Computing the triangular numbers is pretty straightforward in Brainfuck. The following code can be used to compress pairs of values $(m,n)$ into a single value:
[->+>>+<<<]>
[
[->+<<+>]
>-[-<+>]<
]
>>[-<<<+>>>]<<<
It requires $4$ cells of memory, including the two cells of memory to be compressed and two additional empty cells to be used as "scratch space". It acts on these cells as follows:
The inverse mapping is a little more complex to implement. To extract from the number the pair of numbers $(m,n)$, we can first compute the index of the largest triangular number less than or equal to $N$, which gives us the value $m+n$. The difference between this triangular number and $N$ gives us $n$, which we can then subtract from $m+n$ to obtain $m$ as well. The following code is based on this algorithm:
+[->+>+<<]>[-<+>]>
[
>>+
[-<+<[-<]<[>]>>>]
<[->+<]
<
]
>>-
[-<+<+>>]<<[->>+<<]>
[
-<+
[-<+<->>]
<[->+<]>>
]
<<<-[->+>-<<]
>>[-<<+>>]>>[-]<<<<
It requires $5$ cells of memory, including one cell containing the original number and four additional cells to be used as "scratch space", and acts like this:
The compression algorithm runs in $\Theta(M^2)$ time, where $M$ is the maximum of the two numbers, and the decompression algorithm runs in $\Theta(N\sqrt N)$ time, where $N$ is the value of the number to be decompressed. (Alternatively, the decompression algorithm is $\Theta(M^3)$ time, where $M$ is the largest of the two numbers compressed into $N$.) As a matter of fact, the "faster movement" algorithm that I included earlier in this post without explanation is based on the same idea as this decompression algorithm. It works by essentially "decompressing" the natural number to be moved into two much smaller natural numbers, and then moving each of those two using the less efficient naive method.
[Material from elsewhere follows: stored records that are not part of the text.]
-- ===== src/Client/Delivery.antt =====
-- What one frame of the server does to each subscription and each pending request.
use mathlib.Core.Path.{fun_ext, subst}
use jcode_go.Common.Channel.{pending, closed}
use jcode_go.Common.{
  ℕ, ◌<◌, ◌≤◌, ◌≡◌, ◌≢◌, refl, ap, ◌↔◌, true, false, [], ◌∷◌, ◌++◌, some, arith, length, ◌==◌,
  if◌then◌else◌, ==_iff, Bool-cases, ◌⊎◌, inl, inr,
}
use jcode_go.Errors.{sentinel, err_subscriber_overflow}
use jcode_go.Protocol.Event.{ServerFrame}
use jcode_go.Session.TypedEvent.{Event}
use jcode_go.Client.Subscriber.{Subscriber, deliver, Closed}
use jcode_go.Client.Subscriber as Sub
use jcode_go.Client.Request.{Request, reply_to}
use jcode_go.Client.Request as Req
use jcode_go.Client.State.{Client, alter}
use jcode_go.Client.Operations.{dispatch_event, dispatch_reply, subscription_error}

deliver-unlisted : (e : Event) (s : Subscriber) → s.listed ≡ false → deliver e s ≡ s
unfolding deliver
deliver-unlisted e s l = simp l

room-cases : (s : Subscriber) → (length s.events < s.room) ⊎ (s.room ≤ length s.events)
room-cases s = ground arith

module _ (c : Client) (e : Event) (id : ℕ) (s : Subscriber) (is : c.subs id ≡ some s) where
  deliver-room :
      Sub.IsSound s
      → s.listed ≡ true
      → length s.events < s.room
      → deliver e s ≡ record s { events = s.events ++ e ∷ [] }
  unfolding deliver
  deliver-room h l r = ground arith

  deliver-full :
      Sub.IsSound s
      → s.listed ≡ true
      → s.room ≤ length s.events
      → ((deliver e s).events ≡ s.events)
        × ((deliver e s).errors ≡ sentinel err_subscriber_overflow ∷ [])
        × ((deliver e s).err ≡ some (sentinel err_subscriber_overflow))
        × ((deliver e s).listed ≡ false)
        × ((deliver e s).events_done ≡ closed)
  unfolding deliver
  deliver-full h l r = ground arith

  -- An asynchronous event reaches each subscription by itself. One in the map that has room gets it
  -- behind what is queued and nothing else changes; one whose queue is full leaves the map with its
  -- queue kept for the reader, its channel closed and ErrSubscriberOverflow as its error; one that
  -- left the map before is not touched.
  pub dispatch_event-deliver :
      Sub.IsSound s
      → ((s.listed ≡ true)
          × (length s.events < s.room)
          × ((dispatch_event c e).subs id ≡ some (record s { events = s.events ++ e ∷ [] })))
        ⊎ ((s.listed ≡ true)
            × (s.room ≤ length s.events)
            × ((s' : Subscriber) × ((dispatch_event c e).subs id ≡ some s')
                × (s'.events ≡ s.events)
                × (s'.listed ≡ false)
                × (s'.events_done ≡ closed)
                × (s'.errors ≡ sentinel err_subscriber_overflow ∷ [])
                × (subscription_error (dispatch_event c e) id ≡ sentinel err_subscriber_overflow)))
        ⊎ ((s.listed ≡ false) × ((dispatch_event c e).subs id ≡ some s))
  unfolding dispatch_event subscription_error
  dispatch_event-deliver h = elim (Bool-cases s.listed) [
    | inr l ↦ inr (inr (l, rw is (ap some (deliver-unlisted e s l))))
    | inl l ↦ elim (room-cases s) [
      | inl r ↦ inl (l, r, rw is (ap some (deliver-room h l r)))
      | inr r ↦
          let (kept, told, because, gone, shut) = deliver-full h l r in
          inr (
            inl (
              l,
              r,
              (
                deliver e s,
                rw is,
                kept,
                gone,
                shut,
                told,
                rw (is, subscription_error) (rw because),
              ),
            ))
    ]
  ]

module _ (c : Client) (id : ℕ) (f : ServerFrame) (r : Request) (is : c.requests id ≡ some r) where
  reply_to-listed :
      Req.IsSound r
      → r.listed ≡ true
      → ((reply_to f r).frames ≡ f ∷ [])
        × ((reply_to f r).listed ≡ false)
        × ((reply_to f r).reply_done ≡ pending)
        × ((reply_to f r).told ≡ (if r.observed then r.told ++ f ∷ [] else r.told))
  unfolding reply_to
  reply_to-listed h l = ground arith

  reply_to-again : (g : ServerFrame) → reply_to g (reply_to f r) ≡ reply_to f r
  unfolding reply_to
  reply_to-again g = ground arith

  twice-here :
      (g : ServerFrame)
      → ((id == id) ≡ true) ↔ (id ≡ id)
      → alter (reply_to g) id (alter (reply_to f) id c.requests) id
        ≡ alter (reply_to f) id c.requests id
  twice-here g same = rw (same.1 refl, is) (ap some (reply_to-again g))

  replied-twice :
      (g : ServerFrame) (j : ℕ)
      → (id == j ≡ true) ⊎ (id == j ≡ false)
      → alter (reply_to g) id (alter (reply_to f) id c.requests) j
        ≡ alter (reply_to f) id c.requests j
  replied-twice g j (inl h) =
      subst
        (λ k.
          alter (reply_to g) id (alter (reply_to f) id c.requests) k
          ≡ alter (reply_to f) id c.requests k)
        ((==_iff id j).0 h) (twice-here g (==_iff id id))
  replied-twice g j (inr h) = simp h

  -- A reply reaches the one request that waits under its number, which leaves the map with exactly
  -- that frame in its channel, and its observer is called with it. No other request changes, and
  -- another reply under the number changes nothing.
  pub dispatch_reply_once :
      (g : ServerFrame) (j : ℕ)
      → Req.IsSound r
      → r.listed ≡ true
      → id ≢ j
      → ((r' : Request) × ((dispatch_reply c id f).requests id ≡ some r')
          × (r'.frames ≡ f ∷ [])
          × (r'.listed ≡ false)
          × (r'.reply_done ≡ pending)
          × (r'.told ≡ (if r.observed then r.told ++ f ∷ [] else r.told)))
        × ((dispatch_reply c id f).requests j ≡ c.requests j)
        × (dispatch_reply (dispatch_reply c id f) id g ≡ dispatch_reply c id f)
  unfolding dispatch_reply
  dispatch_reply_once g j h l n =
      let (frames, gone, open', told) = reply_to-listed h l in
      (
        (reply_to f r, ground (arith, is, ==_iff id id), frames, gone, open', told),
        ground arith,
        ap (λ m. record c { requests = m }) (fun_ext λ k. replied-twice g k (Bool-cases (id == k))),
      )
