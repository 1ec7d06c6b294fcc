-- ===== src/Json/Fields.antt =====
-- A JSON object as Go decodes it into a map: the last member of a key counts.
use jcode_go.Common.{
  ◌≡◌, refl, Bool, true, false, String, Option, none, some, arith, str_eq, eq_iff, if◌then◌else◌,
}
use jcode_go.Json.Value.{Json, Fields, end, member}

-- `m[key]` of the decoded map
unfoldable pub get : String → Fields → Option Json
get k end = none
get k (member j v fs) = elim (get k fs) [
  | some w ↦ some w
  | none ↦ if str_eq j k then some v else none
]

abbrev pub is_some {ℓ} : {A : Type ℓ} → Option A → Bool
is_some none = false
is_some (some _) = true

-- The decoded map itself: one member for each key.
unfoldable pub to_map : Fields → Fields
unfolding get
to_map end = end
to_map (member j v fs) =
    let rest = to_map fs in if is_some (get j fs) then rest else member j v rest

-- `m[key] = value`
unfoldable pub put : String → Json → Fields → Fields
put k v end = member k v end
put k v (member j w fs) = let rest = put k v fs in if str_eq j k then rest else member j w rest

-- The members whose key passes the test.
unfoldable pub keep : (String → Bool) → Fields → Fields
keep p end = end
keep p (member j v fs) = let rest = keep p fs in if p j then member j v rest else rest

pub get-put :
    (k j : String) (v : Json) (fs : Fields)
    → get j (put k v fs) ≡ (if str_eq k j then some v else get j fs)
unfolding get put
get-put k j v end = refl
get-put k j v (member i w fs) = ground (arith, eq_iff k j, eq_iff i k, eq_iff i j, get-put k j v fs)

pub get-keep :
    (p : String → Bool) (k : String) (fs : Fields)
    → get k (keep p fs) ≡ (if p k then get k fs else none)
unfolding get keep
get-keep p k end = ground arith
get-keep p k (member j v fs) = ground (arith, eq_iff j k, get-keep p k fs)

pub get-to_map : (k : String) (fs : Fields) → get k (to_map fs) ≡ get k fs
unfolding get to_map
get-to_map k end = refl
get-to_map k (member j v fs) = ground (arith, eq_iff j k, get-to_map k fs)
By iterating the above compression/decompression technique, we can compress an arbitrary number of different natural number values into a single cell. We can even compress arbitrary-length finite lists of natural number values into a single value. The caveat is that this doesn't actually do much for us in practice, since repeated compression via the above technique gives rise to astronomically large numbers. (The size of the compressed value may grow double-exponentially in the number of values being compressed.) Despite this, the fact that we can accomplish this is still at least philosophically interesting.